0 / 0
Collecting statistics in Data Virtualization
Last updated: Nov 26, 2024
Collecting statistics in Data Virtualization

To optimize query performance, you can collect statistics on the data that is being queried.

Decisions by the cost-based optimizer are crucial to query performance. The optimizer makes its decisions by using statistical information about the data that is being queried. Accurate and up-to-date statistics ensure optimal query performance. Collect statistics whenever the following conditions apply.

You can read more about optimizers and query performance in Optimization profiles and guidelines.

  • A new table is created and populated with data.
  • An existing table’s data undergoes significant changes, such as the following conditions:
    • New data is added.
    • Old data is removed.
    • Existing data is updated.

Data Virtualization collects statistics for the following items so that the optimizer has enough information to build efficient execution plans:

  • Any table that is referenced in a query.
  • Any table that is referenced in a view. When you create a virtual view, be sure to collect statistics for all the tables that are referenced in the view. Statistics are not collected on views.
  • All columns that are referenced in predicates (including join predicates) and aggregation functions that are referenced in queries.

You don't need to collect statistics for columns that appear only in the first SELECT list of a query.

Important: Collecting statistics is critical for good query performance, so it is important to have up-to-date statistics. Statistics collection can be resource-intensive and take a long time to complete if the virtualized table has many rows or statistics are gathered for many columns. Consider collecting statistics when the system is less busy. Avoid scheduling many statistics collection jobs at the same time.
The following basic statistics are collected in Data Virtualization:
Table cardinality (CARD)
The number of rows in the table.
Column cardinality (COLCARD)
The number of distinct values in the column.
High key (HIGH2KEY)
Either the highest or second highest data value for the column, depending on the remote data source of the virtualized table and the collection type that is used.
Low key (LOW2KEY)
Either the lowest or second lowest data value for the column, depending on the remote data source of the virtualized table and the collection type that is used.
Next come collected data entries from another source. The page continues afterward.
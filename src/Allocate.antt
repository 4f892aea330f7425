-- ===== src/Allocate.antt =====
-- The allocator of rtalloc.c: init_pages_for_group, RTallocate and RTstatic_allocate.
pub mod Static
use rtgc.Common.{
  ℕ, ◌+◌, ◌-◌, ◌*◌, ◌/◌, ◌^◌, ◌&&◌, ◌||◌, max, Run, ok, stopped, debugger, out_of_memory, assertion,
  guard, ◌>>=◌, ◌>>◌, leb, ltb, ◌==◌, if◌then◌else◌,
}
use rtgc.InfoBits.{
  Mem, Ptr, null, write, set_storage_class, set_link_info, sc_nopointers, sc_pointers, sc_custom1,
  sc_metadata, gc_storage_info_mask,
}
use rtgc.Group.{add_objects, take_free}
use rtgc.Heap.{
  Heap, Page, group_page, bytes_per_page, ptr_to_page_index, on_group, group_state, put_group_state,
  heap_segment,
}
use rtgc.Pages.{allocate_empty_pages, allocate_segment}
use rtgc.SizeClass.{allocation_group, to_int}

-- DEFAULT_HEAP_SEGMENT_SIZE
abbrev pub default_heap_segment_size : ℕ
default_heap_segment_size = 2 ^ 20

-- The page table entries of the pages at `base`.
unfoldable pub own_pages : (first count : ℕ) → (base : Ptr) → (group : ℕ) → (ℕ → Page) → ℕ → Page
own_pages first count base i pages j =
    if leb first j && ltb j (first + count)
    then record { base = base; group = group_page i }
    else pages j

-- What init_pages_for_group does once it has pages.
add_pages : (num_objects page_count : ℕ) → (base : Ptr) → (group : ℕ) → Heap → Run Heap
unfolding add_objects own_pages ptr_to_page_index on_group
add_pages num_objects page_count base i h = on_group i (add_objects num_objects base) h >>= λ h'.
    ok (record h' { pages = own_pages (ptr_to_page_index h' base) page_count base i h'.pages })

-- The words from `p` up to `p + n` become 0.
unfoldable pub clear_words : Mem → Ptr → ℕ → Mem
clear_words m p n a = if leb p a && ltb a (p + n) then 0 else m a

-- initialize_object_metadata; the result has the size of the body.
initialize_object_metadata : (metadata : ℕ) → Ptr → (size : ℕ) → Mem → Mem × ℕ
unfolding write
initialize_object_metadata metadata gcptr size m =
    let base = gcptr + 16 in
    let last_ptr = base + (size / 8 - 3) * 8 in
    if ltb metadata sc_metadata
    then (set_storage_class m gcptr metadata, size - 16)
    else (set_storage_class (write m last_ptr metadata) gcptr sc_metadata, size - 16 - 8)

initialize_object_body : (metadata : ℕ) → Ptr → (body_size : ℕ) → Mem → Mem
unfolding clear_words
initialize_object_body metadata base body_size m =
    if metadata == sc_nopointers then m else clear_words m base body_size

-- `fuel` bounds the search for a hole. `wait_gc` is what other threads do to the heap while an
-- allocation that found no hole waits until the collector has finished two cycles; `memory` is
-- what mmap returns to allocate_segment, which is asked although there is only one segment.
module _ (fuel : ℕ) (wait_gc : Heap → Heap) (memory : Ptr) where
  unfoldable pub init_pages_for_group : (group min_pages : ℕ) → Heap → Run Heap
  unfolding add_pages allocate_empty_pages allocate_segment
  init_pages_for_group i min_pages h =
      let size = (h.groups i).size in
      let byte_count = max (size / bytes_per_page) min_pages * bytes_per_page in
      let num_objects = byte_count / 2 ^ (h.groups i).index in
      let page_count = num_objects * size / bytes_per_page in
      let again : Heap → Run Heap = λ h'.
        if ((h'.groups i).free == null)
        then (allocate_empty_pages fuel page_count h' >>= λ (h'', base).
            if base == null then ok h'' else add_pages num_objects page_count base i h'')
        else ok h' in
      allocate_empty_pages fuel page_count h >>= λ (h', base).
      if base == null
      then (allocate_segment memory (max default_heap_segment_size (page_count * bytes_per_page))
            heap_segment h'
          >>= λ (h'', actual_bytes).
              guard (actual_bytes == 0) assertion
              >> again (if ltb actual_bytes byte_count then wait_gc h'' else h''))
      else add_pages num_objects page_count base i h'

  -- RTallocate; the result has the address of the body.
  unfoldable pub allocate : (metadata size : ℕ) → Heap → Run (Heap × Ptr)
  unfolding init_pages_for_group initialize_object_metadata initialize_object_body take_free
  allocate metadata size h = allocation_group h.mem metadata size >>= λ i.
      (if (h.groups i).free == null then init_pages_for_group i 1 h else ok h) >>= λ h'.
      (let new = (h'.groups i).free in
        let taken = put_group_state i h' (take_free h'.marked_color (group_state i h')) in
        let (m, body_size) =
          initialize_object_metadata metadata new ((taken.groups i).size) taken.mem in
        if new == null
        then stopped out_of_memory
        else ok (
          record taken { mem = initialize_object_body metadata (new + 16) body_size m },
          new + 16,
        ))

-- RTstatic_allocate. The header of a static object is one word, which is the `next` field of a
-- header that begins 8 bytes before it.
unfoldable pub static_allocate : (metadata size : ℕ) → Heap → Run (Heap × Ptr)
unfolding write set_link_info clear_words
static_allocate metadata size h =
    let rounded = (size + 7) / 8 * 8 in
    let ptr = h.static_frontier_ptr in
    let frontier = ptr + rounded + 8 in
    let header = set_link_info (to_int (rounded * 16)) gc_storage_info_mask metadata in
    if ltb h.last_static_ptr frontier
    then stopped out_of_memory
    else if leb metadata sc_pointers || metadata == sc_custom1
    then ok (
      record h {
        static_frontier_ptr = frontier;
        mem = clear_words (write h.mem ptr header) (ptr + 8) rounded;
      },
      ptr + 8,
    )
    else stopped debugger
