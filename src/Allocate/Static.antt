-- ===== src/Allocate/Static.antt =====
-- RTstatic_allocate of rtalloc.c, and the header word as scan_static_space of rtgc.c reads it.
use rtgc.Common.{
  ℕ, ◌+◌, ◌-◌, ◌*◌, ◌/◌, ◌^◌, ◌<◌, ◌≤◌, ◌≡◌, refl, ◌∙◌, ap, true, false, ◌||◌, Returns, returns,
  leb, ltb, ◌==◌, arith,
}
use rtgc.InfoBits.{Mem, Ptr, write, set_link_info, get_link_info, get_storage_class}
use rtgc.InfoBits.Words.{get-set_link_info, set_info_lem}
use rtgc.SizeClass.{to_int}
use rtgc.Heap.{Heap}
use rtgc.Allocate.{clear_words, static_allocate}

-- The size of an object in words of 8 bytes, in bytes.
abbrev pub rounded : ℕ → ℕ
rounded size = (size + 7) / 8 * 8

header_size_lem :
    (n c : ℕ) → n < 2 ^ 28 → c < 4 → to_int (set_link_info (to_int (n * 16)) 3 c) / 16 ≡ n
header_size_lem n c h k = omega (arith, set_info_lem (to_int (n * 16)) c k)

header_stays : (m : Mem) (f v n : ℕ) → clear_words (write m f v) (f + 8) n f ≡ v
unfolding clear_words write
header_stays m f v n = ground arith

body_cleared : (m : Mem) (p n a : ℕ) → p ≤ a → a < p + n → clear_words m p n a ≡ 0
unfolding clear_words
body_cleared m p n a h k = ground arith

class_lem :
    (m : Mem) (f v n : ℕ)
    → 8 ≤ f
    → get_storage_class (clear_words (write m f v) (f + 8) n) (f - 8) ≡ get_link_info v 3
unfolding get_storage_class
class_lem m f v n h = rw (back f h) (ap (λ (t : ℕ). get_link_info t 3) (header_stays m f v n))
  where
    back : (f : ℕ) → 8 ≤ f → f - 8 + 8 ≡ f
    back f h = omega arith

-- A static object with a storage class of at most SC_CUSTOM1 and at most 2 ^ 27 - 8 bytes, for which
-- there is room behind the frontier, which is not below 8: RTstatic_allocate returns the address
-- behind the one-word header. The header has the size, as scan_static_space reads it, and the
-- storage class; the words of the object are 0, and the frontier stands behind the object.
pub static_allocate-header :
    (metadata size : ℕ) (h : Heap)
    → metadata < 3
    → size + 8 ≤ 2 ^ 27
    → 8 ≤ h.static_frontier_ptr
    → h.static_frontier_ptr + rounded size + 8 ≤ h.last_static_ptr
    → Returns
        (λ (h', p).
          (p ≡ h.static_frontier_ptr + 8)
          × (to_int (h'.mem h.static_frontier_ptr) / 16 ≡ rounded size)
          × (get_storage_class h'.mem (h.static_frontier_ptr - 8) ≡ metadata)
          × ((a : Ptr) → p ≤ a → a < p + rounded size → h'.mem a ≡ 0)
          × (h'.static_frontier_ptr ≡ p + rounded size))
        (static_allocate metadata size h)
unfolding static_allocate
static_allocate-header md size h small fits low room =
    let f = h.static_frontier_ptr in
    let n = rounded size in
    let header = set_link_info (to_int (n * 16)) 3 md in
    rw (has_room h.last_static_ptr (f + n + 8) room, known md small)
      (returns (
        refl,
        ap (λ (t : ℕ). to_int t / 16) (header_stays h.mem f header n)
            ∙ header_size_lem n md (omega arith) (omega arith),
        class_lem h.mem f header n low ∙ get-set_link_info (to_int (n * 16)) md (omega arith),
        body_cleared (write h.mem f header) (f + 8) n,
        omega arith,
      ))
  where
    has_room : (l f : ℕ) → f ≤ l → ltb l f ≡ false
    has_room l f e = ground arith

    known : (md : ℕ) → md < 3 → (leb md 1 || md == 2) ≡ true
    known md e = ground arith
For many data sources, Data Virtualization collects the lowest key value, which can be a blank value. A blank does not indicate that the statistics were not collected.
Number of null values (NUMNULLS)
The number of null values in the column. This number is the only statistic that is collected for LOB-type columns.

Statistics collection types

Data Virtualization supports two statistics collection types:
remote-catalog
This type of statistics collection is only supported for virtualized tables in remote data sources that support a local method of statistics collection. Statistics that are stored in the catalog tables at the remote data source are retrieved and then stored in the Data Virtualization statistics catalog. It is critical to ensure that accurate statistics are available in the remote data source. The remote-catalog type of statistics collection is not supported for grouped tables.
remote-query
This type of statistics collection uses SQL queries against the virtualized table to compute the statistics. This type can be resource-intensive and take a long time to complete if the virtualized table has many rows or statistics are gathered for many columns. To improve performance and conserve resources, you can collect statistics with data sampling by specifying the TABLESAMPLE option on the COLLECT_STATISTICS stored procedure in Data Virtualization or use the ANALYZE command for data sources in cloud object storage.

Best practices

For remote data sources that support local statistics collection tools, such as IBM® Db2® and Oracle, the best practice for statistics collection in Data Virtualization is to ensure that local statistics at the remote data source are accurate and up to date, especially basic column statistics for those key columns that are used in query predicates. It is a good idea to create a statistics collection job in the Data Virtualization web client for this purpose.